* **Data provided**
——

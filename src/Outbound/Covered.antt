-- ===== src/Outbound/Covered.antt =====
-- Every event that is not yet delivered has its delivery in the chain.
use omp_bundler.Prelude.{
  ℕ, ◌≡◌, refl, ◌∙◌, inl, inr, List, [], ◌∷◌, ◌++◌, Bool, true, false, not, ◌||◌, Text, same,
  same_refl, same_iff, any, keep, if◌then◌else◌, All, All-append, arith, Bool-cases,
}
use omp_bundler.Prelude.Rows.{update, All-update}
use omp_bundler.Contracts.{OutboundEvent}
use omp_bundler.Outbound.{
  OutboxRow, Config, Batch, live, retried, Job, delivers, Emitter, has_id, new_row,
}
use omp_bundler.Outbound.Delivery.{
  is_own_pending, order_by_sequence, place, jobs_of, with_attempt, with_retry, failed_at,
}

abbrev pub is_for : Text → Job → Bool
is_for id (delivers e attempt b) = same e.event_id id
is_for id job = false

abbrev pub is_keyed : OutboxRow → Bool
is_keyed r = same r.payload.event_id r.event_id

pub any-append {ℓ} :
    {A : Type ℓ} (p : A → Bool) (xs ys : List A) → any p (xs ++ ys) ≡ (any p xs || any p ys)
any-append p [] ys = refl
any-append p (x ∷ xs) ys = ground (arith, any-append p xs ys)

module _ (c : Config) where
  -- The row waits for no POST, or there is an operation for it.
  abbrev pub is_covered : List Job → OutboxRow → Bool
  is_covered chain r = not (is_own_pending c r) || any (is_for r.event_id) chain

  pub record Kept (s : Emitter) : Type 0 where
    pub keyed : All (λ r. is_keyed r ≡ true) s.rows
    pub covered : All (λ r. is_covered s.chain r ≡ true) s.rows

  -- Operations that are added take none away.
  pub covered-append :
      (chain jobs : List Job) (rows : List OutboxRow)
      → All (λ r. is_covered chain r ≡ true) rows
      → All (λ r. is_covered (chain ++ jobs) r ≡ true) rows
  covered-append chain jobs [] h = tt
  covered-append chain jobs (r ∷ rows) h = (
    ground (arith, h.0, any-append (is_for r.event_id) chain jobs),
    covered-append chain jobs rows h.1,
  )

  pub keeps_enqueue :
      (job : Job) (s t : Emitter)
      → t.rows ≡ s.rows
      → t.chain ≡ s.chain ++ job ∷ []
      → Kept s
      → Kept t
  keeps_enqueue job s t e f k = record {
    keyed = rw e k.keyed;
    covered = rw (e, f) (covered-append s.chain (job ∷ []) s.rows k.covered);
  }

  pub keeps_insert :
      (e : OutboundEvent) (s t : Emitter)
      → t.rows ≡ s.rows ++ new_row c e ∷ []
      → t.chain ≡ s.chain ++ delivers e 0 live ∷ []
      → Kept s
      → Kept t
  keeps_insert e s t p q k = record {
    keyed = rw p (
        All-append (λ r. is_keyed r ≡ true) s.rows (new_row c e ∷ []) k.keyed
          (same_refl e.event_id, tt));
    covered =
        rw (p, q)
          (All-append (λ r. is_covered (s.chain ++ delivers e 0 live ∷ []) r ≡ true) s.rows
            (new_row c e ∷ []) (covered-append s.chain (delivers e 0 live ∷ []) s.rows k.covered)
            (
              ground (
                arith,
                same_refl e.event_id,
                any-append (is_for e.event_id) s.chain (delivers e 0 live ∷ []),
              ),
              tt,
            ));
  }

  -- The end of an event's delivery leaves its row in no need of one.
  pub covered-ended :
      (e : OutboundEvent) (attempt : ℕ) (b : Batch) (f : OutboxRow → OutboxRow) (rest : List Job)
      (rows : List OutboxRow)
      → ((r : OutboxRow) → is_own_pending c (f r) ≡ false)
      → All (λ r. is_covered (delivers e attempt b ∷ rest) r ≡ true) rows
      → All (λ r. is_covered rest r ≡ true) (update (has_id e.event_id) f rows)
  covered-ended e attempt b f rest [] ends h = tt
  covered-ended e attempt b f rest (r ∷ rows) ends h = elim (Bool-cases (has_id e.event_id r)) [
    | inl hit ↦ rw hit (rw (ends r) refl, covered-ended e attempt b f rest rows ends h.1)
    | inr miss ↦ rw miss (
      ground (arith, h.0, same_iff r.event_id e.event_id, same_iff e.event_id r.event_id),
      covered-ended e attempt b f rest rows ends h.1,
    )
  ]

  -- Where the rows are those of a SELECT, each gets an operation.
  abbrev pays : Text → OutboxRow → Bool
  pays id r = same r.payload.event_id id

  any-place :
      (p : OutboxRow → Bool) (r : OutboxRow) (rows : List OutboxRow)
      → any p (place r rows) ≡ (p r || any p rows)
  any-place p r [] = ground arith
  any-place p r (q ∷ rows) = ground (arith, any-place p r rows)

  any-order :
      (p : OutboxRow → Bool) (rows : List OutboxRow) → any p (order_by_sequence rows) ≡ any p rows
  unfolding order_by_sequence
  any-order p [] = refl
  any-order p (r ∷ rows) = ground (arith, any-place p r (order_by_sequence rows), any-order p rows)

  any-jobs_of :
      (id : Text) (n : ℕ) (rows : List OutboxRow)
      → any (is_for id) (jobs_of n rows) ≡ any (pays id) rows
  unfolding jobs_of
  any-jobs_of id n [] = refl
  any-jobs_of id n (r ∷ rows) = ground (arith, any-jobs_of id n rows)

  -- The row waits for no POST, or it is in the list.
  abbrev is_listed : List OutboxRow → OutboxRow → Bool
  is_listed found r = not (is_own_pending c r) || any (pays r.event_id) found

  listed-more :
      (q : OutboxRow) (found rows : List OutboxRow)
      → All (λ r. is_listed found r ≡ true) rows
      → All (λ r. is_listed (if is_own_pending c q then q ∷ found else found) r ≡ true) rows
  listed-more q found [] h = tt
  listed-more q found (r ∷ rows) h = (ground (arith, h.0), listed-more q found rows h.1)

  keep_finds :
      (rows : List OutboxRow)
      → All (λ r. is_keyed r ≡ true) rows
      → All (λ r. is_listed (keep (is_own_pending c) rows) r ≡ true) rows
  keep_finds [] k = tt
  keep_finds (r ∷ rows) k =
      (ground (arith, k.0), listed-more r (keep (is_own_pending c) rows) rows (keep_finds rows k.1))

  listed-covered :
      (n : ℕ) (found : List OutboxRow) (chain : List Job) (rows : List OutboxRow)
      → All (λ r. is_listed found r ≡ true) rows
      → All (λ r. is_covered (chain ++ jobs_of n (order_by_sequence found)) r ≡ true) rows
  listed-covered n found chain [] h = tt
  listed-covered n found chain (r ∷ rows) h = (
    ground (
      arith,
      h.0,
      any-append (is_for r.event_id) chain (jobs_of n (order_by_sequence found)),
      any-jobs_of r.event_id n (order_by_sequence found),
      any-order (pays r.event_id) found,
    ),
    listed-covered n found chain rows h.1,
  )

  pub resumed-covered :
      (n : ℕ) (chain : List Job) (rows : List OutboxRow)
      → All (λ r. is_keyed r ≡ true) rows
      → All
          (λ r.
            is_covered (chain ++ jobs_of n (order_by_sequence (keep (is_own_pending c) rows))) r
            ≡ true)
          rows
  resumed-covered n chain rows k =
      listed-covered n (keep (is_own_pending c) rows) chain rows (keep_finds rows k)

  -- A failed event that is retried waits for its new operation.
  pub retried-covered :
      (e : OutboundEvent) (id ts : Text) (chain : List Job) (rows : List OutboxRow)
      → same e.event_id id ≡ true
      → All (λ r. is_covered chain r ≡ true) rows
      → All
          (λ r. is_covered (chain ++ delivers e 0 retried ∷ []) r ≡ true)
          (update (failed_at c id) (with_retry ts) rows)
  retried-covered e id ts chain [] p h = tt
  retried-covered e id ts chain (r ∷ rows) p h =
      let jobs = any-append (is_for r.event_id) chain (delivers e 0 retried ∷ []) in
      (
        elim (Bool-cases (failed_at c id r)) [
          | inl hit ↦ rw hit (
              ground (
                arith,
                p,
                jobs,
                same_iff e.event_id id,
                same_iff r.event_id id,
                same_iff e.event_id r.event_id,
              ))
          | inr miss ↦ rw miss (ground (arith, h.0, jobs))
        ],
        retried-covered e id ts chain rows p h.1,
      )

  pub attempted-covered :
      (id : Text) (n : ℕ) (error ts : Text) (chain : List Job) (rows : List OutboxRow)
      → All (λ r. is_covered chain r ≡ true) rows
      → All (λ r. is_covered chain r ≡ true) (update (has_id id) (with_attempt n error ts) rows)
  attempted-covered id n error ts chain rows h =
      All-update (λ r. is_covered chain r ≡ true) (has_id id) (with_attempt n error ts) rows
        (λ r k hit. k) h

  -- An operation that goes on is the same event's.
  pub covered-again :
      (e : OutboundEvent) (m n : ℕ) (b : Batch) (rest : List Job) (rows : List OutboxRow)
      → All (λ r. is_covered (delivers e m b ∷ rest) r ≡ true) rows
      → All (λ r. is_covered (delivers e n b ∷ rest) r ≡ true) rows
  covered-again e m n b rest [] h = tt
  covered-again e m n b rest (r ∷ rows) h = (h.0, covered-again e m n b rest rows h.1)

  -- The end of an operation that is for no event.
  pub covered-rest :
      (job : Job) (rest : List Job) (rows : List OutboxRow)
      → ((id : Text) → is_for id job ≡ false)
      → All (λ r. is_covered (job ∷ rest) r ≡ true) rows
      → All (λ r. is_covered rest r ≡ true) rows
  covered-rest job rest [] none_for h = tt
  covered-rest job rest (r ∷ rows) none_for h =
      (ground (arith, h.0, none_for r.event_id), covered-rest job rest rows none_for h.1)

  pub keyed-update :
      (p : OutboxRow → Bool) (f : OutboxRow → OutboxRow) (rows : List OutboxRow)
      → ((r : OutboxRow) → is_keyed (f r) ≡ is_keyed r)
      → All (λ r. is_keyed r ≡ true) rows
      → All (λ r. is_keyed r ≡ true) (update p f rows)
  keyed-update p f rows same_key k =
      All-update (λ r. is_keyed r ≡ true) p f rows (λ r old hit. same_key r ∙ old) k

  pub covered-cons :
      (job : Job) (rest : List Job) (rows : List OutboxRow)
      → All (λ r. is_covered rest r ≡ true) rows
      → All (λ r. is_covered (job ∷ rest) r ≡ true) rows
  covered-cons job rest [] h = tt
  covered-cons job rest (r ∷ rows) h = (ground (arith, h.0), covered-cons job rest rows h.1)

——

* **Brief**
In the entries above, restate word for word the lines between the one holding "(e : OutboundEvent) (attempt" and the one holding "any-jobs_of id n [] = refl", inclusive, and nothing besides.

* **Task response**
      (e : OutboundEvent) (attempt : ℕ) (b : Batch) (f : OutboxRow → OutboxRow) (rest : List Job)
      (rows : List OutboxRow)
      → ((r : OutboxRow) → is_own_pending c (f r) ≡ false)
      → All (λ r. is_covered (delivers e attempt b ∷ rest) r ≡ true) rows
      → All (λ r. is_covered rest r ≡ true) (update (has_id e.event_id) f rows)
  covered-ended e attempt b f rest [] ends h = tt
  covered-ended e attempt b f rest (r ∷ rows) ends h = elim (Bool-cases (has_id e.event_id r)) [
    | inl hit ↦ rw hit (rw (ends r) refl, covered-ended e attempt b f rest rows ends h.1)
    | inr miss ↦ rw miss (
      ground (arith, h.0, same_iff r.event_id e.event_id, same_iff e.event_id r.event_id),
      covered-ended e attempt b f rest rows ends h.1,
    )
  ]

  -- Where the rows are those of a SELECT, each gets an operation.
  abbrev pays : Text → OutboxRow → Bool
  pays id r = same r.payload.event_id id

  any-place :
      (p : OutboxRow → Bool) (r : OutboxRow) (rows : List OutboxRow)
      → any p (place r rows) ≡ (p r || any p rows)
  any-place p r [] = ground arith
  any-place p r (q ∷ rows) = ground (arith, any-place p r rows)

  any-order :
      (p : OutboxRow → Bool) (rows : List OutboxRow) → any p (order_by_sequence rows) ≡ any p rows
  unfolding order_by_sequence
  any-order p [] = refl
  any-order p (r ∷ rows) = ground (arith, any-place p r (order_by_sequence rows), any-order p rows)

  any-jobs_of :
      (id : Text) (n : ℕ) (rows : List OutboxRow)
      → any (is_for id) (jobs_of n rows) ≡ any (pays id) rows
  unfolding jobs_of
  any-jobs_of id n [] = refl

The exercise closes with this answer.